#### What is expected:
Among the entries below, one stretch runs from the line that contains "below = omega arith;" through the line that contains "let irq = first_set_bit 32 mask 0 in". Repeat that stretch exactly, ends included, and only that.

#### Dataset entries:
Content starts

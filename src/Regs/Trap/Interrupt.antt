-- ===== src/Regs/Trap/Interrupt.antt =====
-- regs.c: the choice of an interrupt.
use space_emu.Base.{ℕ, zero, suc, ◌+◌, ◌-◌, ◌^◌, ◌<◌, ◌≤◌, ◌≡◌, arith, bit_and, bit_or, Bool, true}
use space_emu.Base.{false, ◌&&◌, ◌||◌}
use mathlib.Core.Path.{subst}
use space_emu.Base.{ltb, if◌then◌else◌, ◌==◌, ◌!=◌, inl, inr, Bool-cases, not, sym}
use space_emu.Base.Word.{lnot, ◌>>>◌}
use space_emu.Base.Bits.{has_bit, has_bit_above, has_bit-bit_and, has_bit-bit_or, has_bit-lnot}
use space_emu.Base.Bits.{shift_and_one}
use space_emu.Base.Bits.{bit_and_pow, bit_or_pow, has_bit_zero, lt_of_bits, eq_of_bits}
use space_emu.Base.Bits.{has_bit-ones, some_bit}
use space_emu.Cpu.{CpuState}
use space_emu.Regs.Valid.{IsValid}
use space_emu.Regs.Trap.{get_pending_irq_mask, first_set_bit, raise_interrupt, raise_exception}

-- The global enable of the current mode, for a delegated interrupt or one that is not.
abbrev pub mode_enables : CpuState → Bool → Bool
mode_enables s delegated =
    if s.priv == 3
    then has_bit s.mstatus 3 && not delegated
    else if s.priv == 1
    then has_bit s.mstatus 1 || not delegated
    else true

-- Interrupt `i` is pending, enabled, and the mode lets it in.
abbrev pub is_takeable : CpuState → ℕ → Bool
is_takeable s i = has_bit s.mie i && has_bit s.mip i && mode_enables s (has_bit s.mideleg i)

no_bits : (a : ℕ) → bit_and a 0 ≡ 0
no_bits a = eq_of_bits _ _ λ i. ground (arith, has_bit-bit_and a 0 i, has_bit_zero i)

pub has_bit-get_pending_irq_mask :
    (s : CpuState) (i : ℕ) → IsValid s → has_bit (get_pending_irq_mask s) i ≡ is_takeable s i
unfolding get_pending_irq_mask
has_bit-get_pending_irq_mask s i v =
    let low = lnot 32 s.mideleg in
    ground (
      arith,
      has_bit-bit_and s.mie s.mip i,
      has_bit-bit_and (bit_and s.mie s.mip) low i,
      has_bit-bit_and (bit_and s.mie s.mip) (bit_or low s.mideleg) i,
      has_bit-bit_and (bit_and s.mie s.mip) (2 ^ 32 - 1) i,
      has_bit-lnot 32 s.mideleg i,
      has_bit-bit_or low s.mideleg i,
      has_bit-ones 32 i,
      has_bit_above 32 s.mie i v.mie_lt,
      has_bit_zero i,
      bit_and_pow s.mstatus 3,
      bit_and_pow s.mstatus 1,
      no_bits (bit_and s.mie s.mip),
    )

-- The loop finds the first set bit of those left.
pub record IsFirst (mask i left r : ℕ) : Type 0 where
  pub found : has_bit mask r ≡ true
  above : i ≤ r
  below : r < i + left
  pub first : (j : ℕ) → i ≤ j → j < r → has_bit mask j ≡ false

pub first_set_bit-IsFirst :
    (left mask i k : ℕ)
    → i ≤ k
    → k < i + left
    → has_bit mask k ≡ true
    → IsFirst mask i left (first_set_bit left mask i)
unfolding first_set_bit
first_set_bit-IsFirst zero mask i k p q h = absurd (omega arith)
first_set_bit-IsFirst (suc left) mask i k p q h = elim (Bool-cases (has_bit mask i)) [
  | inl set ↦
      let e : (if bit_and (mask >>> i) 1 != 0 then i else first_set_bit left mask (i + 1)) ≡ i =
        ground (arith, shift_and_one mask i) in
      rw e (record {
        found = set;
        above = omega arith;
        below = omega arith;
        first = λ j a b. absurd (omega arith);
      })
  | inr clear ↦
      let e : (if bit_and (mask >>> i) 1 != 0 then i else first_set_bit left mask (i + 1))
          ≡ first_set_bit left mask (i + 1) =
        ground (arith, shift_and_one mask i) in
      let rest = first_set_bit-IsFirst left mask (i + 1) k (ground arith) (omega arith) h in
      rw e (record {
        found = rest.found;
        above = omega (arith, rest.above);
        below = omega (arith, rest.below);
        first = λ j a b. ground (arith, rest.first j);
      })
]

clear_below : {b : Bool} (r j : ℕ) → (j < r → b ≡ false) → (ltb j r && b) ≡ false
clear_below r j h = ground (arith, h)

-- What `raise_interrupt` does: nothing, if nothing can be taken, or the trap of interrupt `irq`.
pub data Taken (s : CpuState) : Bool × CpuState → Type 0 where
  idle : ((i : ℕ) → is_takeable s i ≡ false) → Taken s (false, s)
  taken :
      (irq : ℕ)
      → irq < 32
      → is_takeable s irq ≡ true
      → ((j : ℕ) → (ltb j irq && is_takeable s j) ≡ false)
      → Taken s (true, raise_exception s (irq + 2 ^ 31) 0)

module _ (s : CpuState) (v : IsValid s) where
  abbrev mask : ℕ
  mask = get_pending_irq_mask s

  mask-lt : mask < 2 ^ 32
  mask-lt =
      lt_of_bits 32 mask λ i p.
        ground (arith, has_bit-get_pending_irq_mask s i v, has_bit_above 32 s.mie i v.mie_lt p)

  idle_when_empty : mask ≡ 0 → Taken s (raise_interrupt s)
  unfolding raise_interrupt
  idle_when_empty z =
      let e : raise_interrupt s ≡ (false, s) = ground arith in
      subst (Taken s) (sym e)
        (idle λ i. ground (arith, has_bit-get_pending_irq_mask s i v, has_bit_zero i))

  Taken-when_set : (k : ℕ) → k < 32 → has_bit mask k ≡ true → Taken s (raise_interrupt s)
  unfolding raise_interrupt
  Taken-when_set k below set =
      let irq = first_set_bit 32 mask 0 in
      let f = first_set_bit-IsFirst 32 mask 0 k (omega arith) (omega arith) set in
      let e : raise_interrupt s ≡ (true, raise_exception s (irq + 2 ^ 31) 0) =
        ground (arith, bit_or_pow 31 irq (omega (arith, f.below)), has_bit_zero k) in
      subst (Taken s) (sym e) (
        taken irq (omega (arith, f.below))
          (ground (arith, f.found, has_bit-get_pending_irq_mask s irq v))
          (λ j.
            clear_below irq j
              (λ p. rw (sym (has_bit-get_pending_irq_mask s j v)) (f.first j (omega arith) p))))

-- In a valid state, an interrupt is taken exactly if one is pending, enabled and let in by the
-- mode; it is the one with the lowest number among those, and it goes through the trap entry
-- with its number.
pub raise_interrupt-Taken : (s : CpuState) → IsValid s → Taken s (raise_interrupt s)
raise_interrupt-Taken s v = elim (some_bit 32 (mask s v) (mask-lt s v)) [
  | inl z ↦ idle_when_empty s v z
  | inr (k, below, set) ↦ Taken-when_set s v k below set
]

Content ends

#### Exercise result:
        below = omega arith;
        first = λ j a b. absurd (omega arith);
      })
  | inr clear ↦
      let e : (if bit_and (mask >>> i) 1 != 0 then i else first_set_bit left mask (i + 1))
          ≡ first_set_bit left mask (i + 1) =
        ground (arith, shift_and_one mask i) in
      let rest = first_set_bit-IsFirst left mask (i + 1) k (ground arith) (omega arith) h in
      rw e (record {
        found = rest.found;
        above = omega (arith, rest.above);
        below = omega (arith, rest.below);
        first = λ j a b. ground (arith, rest.first j);
      })
]

clear_below : {b : Bool} (r j : ℕ) → (j < r → b ≡ false) → (ltb j r && b) ≡ false
clear_below r j h = ground (arith, h)

-- What `raise_interrupt` does: nothing, if nothing can be taken, or the trap of interrupt `irq`.
pub data Taken (s : CpuState) : Bool × CpuState → Type 0 where
  idle : ((i : ℕ) → is_takeable s i ≡ false) → Taken s (false, s)
  taken :
      (irq : ℕ)
      → irq < 32
      → is_takeable s irq ≡ true
      → ((j : ℕ) → (ltb j irq && is_takeable s j) ≡ false)
      → Taken s (true, raise_exception s (irq + 2 ^ 31) 0)

module _ (s : CpuState) (v : IsValid s) where
  abbrev mask : ℕ
  mask = get_pending_irq_mask s

  mask-lt : mask < 2 ^ 32
  mask-lt =
      lt_of_bits 32 mask λ i p.
        ground (arith, has_bit-get_pending_irq_mask s i v, has_bit_above 32 s.mie i v.mie_lt p)

  idle_when_empty : mask ≡ 0 → Taken s (raise_interrupt s)
  unfolding raise_interrupt
  idle_when_empty z =
      let e : raise_interrupt s ≡ (false, s) = ground arith in
      subst (Taken s) (sym e)
        (idle λ i. ground (arith, has_bit-get_pending_irq_mask s i v, has_bit_zero i))

  Taken-when_set : (k : ℕ) → k < 32 → has_bit mask k ≡ true → Taken s (raise_interrupt s)
  unfolding raise_interrupt
  Taken-when_set k below set =
      let irq = first_set_bit 32 mask 0 in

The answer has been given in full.